__Work required__: Begin at the first line below and copy each line exactly, ending with the line where "-- name first, and" appears.

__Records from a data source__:
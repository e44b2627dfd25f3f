-- ===== src/Cluster/Kinds.antt =====
-- internal/k8s/utils.go, EnsureService to EnsureDeployment: each asks for an object of some type under the
-- name first, and then goes on to EnsureObjectWithHash.
use shopware_operator.Prelude.{String, ◌≡◌, refl, Option, some, [], inl, inr, Option-cases}
use shopware_operator.Kube.{Reply, found, absent, failed}
use shopware_operator.Cluster.{Kind, Object, Api}
use shopware_operator.Cluster.Requests.{
  Outcome, quiet, wrapped, owner_refused, ensure_object_with_hash,
}

abbrev pub after_get : Api → Option String → Object → Reply Object → Outcome
after_get api owner o (failed e) = quiet (wrapped "get object" (some e))
after_get api owner o (absent e) = ensure_object_with_hash api owner o
after_get api owner o (found old) = ensure_object_with_hash api owner o

-- The body that they share, with the type that is asked for.
abbrev pub ensure_as : Kind → Api → Option String → Object → Outcome
ensure_as asked api owner o = after_get api owner o (api.get asked o.namespace o.name)

abbrev pub ensure_service : Api → Option String → Object → Outcome
ensure_service = ensure_as Kind.service

-- EnsureHPA asks for a service.
abbrev pub ensure_hpa : Api → Option String → Object → Outcome
ensure_hpa = ensure_as Kind.service

-- EnsureCronJob asks for a job.
abbrev pub ensure_cron_job : Api → Option String → Object → Outcome
ensure_cron_job = ensure_as Kind.job

abbrev ensure_pod : Api → Option String → Object → Outcome
ensure_pod = ensure_as Kind.pod

abbrev pub ensure_job : Api → Option String → Object → Outcome
ensure_job = ensure_as Kind.job

abbrev pub ensure_pdb : Api → Option String → Object → Outcome
ensure_pdb = ensure_as Kind.disruption_budget

-- EnsureIngress asks for a deployment.
abbrev pub ensure_ingress : Api → Option String → Object → Outcome
ensure_ingress = ensure_as Kind.deployment

abbrev pub ensure_http_route : Api → Option String → Object → Outcome
ensure_http_route = ensure_as Kind.http_route

abbrev pub ensure_deployment : Api → Option String → Object → Outcome
ensure_deployment = ensure_as Kind.deployment

module _ (api : Api) (owner : Option String) (o : Object) where
  quiet_without_answer :
      (e : String)
      → api.get o.kind o.namespace o.name ≡ failed e
      → (ensure_object_with_hash api owner o).requests ≡ []
  unfolding ensure_object_with_hash
  quiet_without_answer e g = elim (Option-cases (owner_refused api owner o)) [
    | inl set ↦ rw (set, g) refl
    | inr (t, refused) ↦ rw refused refl
  ]

  by_answer :
      (r : Reply Object)
      → api.get o.kind o.namespace o.name ≡ r
      → (after_get api owner o r).requests ≡ (ensure_object_with_hash api owner o).requests
  by_answer (absent e) g = refl
  by_answer (found old) g = refl
  by_answer (failed e) g = rw (quiet_without_answer e g) refl

  -- If the type that it asks for is that of the object, as for services, pods, jobs, disruption budgets,
  -- routes and deployments, an Ensure function sends the requests of EnsureObjectWithHash, whatever the
  -- API server answers.
  pub requests-ensure_as :
      (asked : Kind)
      → o.kind ≡ asked
      → (ensure_as asked api owner o).requests ≡ (ensure_object_with_hash api owner o).requests
  requests-ensure_as asked e = rw (← e) (by_answer (api.get o.kind o.namespace o.name) refl)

__Result of this exercise__:
repository e44b2627dfd25f3f
-- ===== src/Cluster/Kinds.antt =====
-- internal/k8s/utils.go, EnsureService to EnsureDeployment: each asks for an object of some type under the
-- name first, and then goes on to EnsureObjectWithHash.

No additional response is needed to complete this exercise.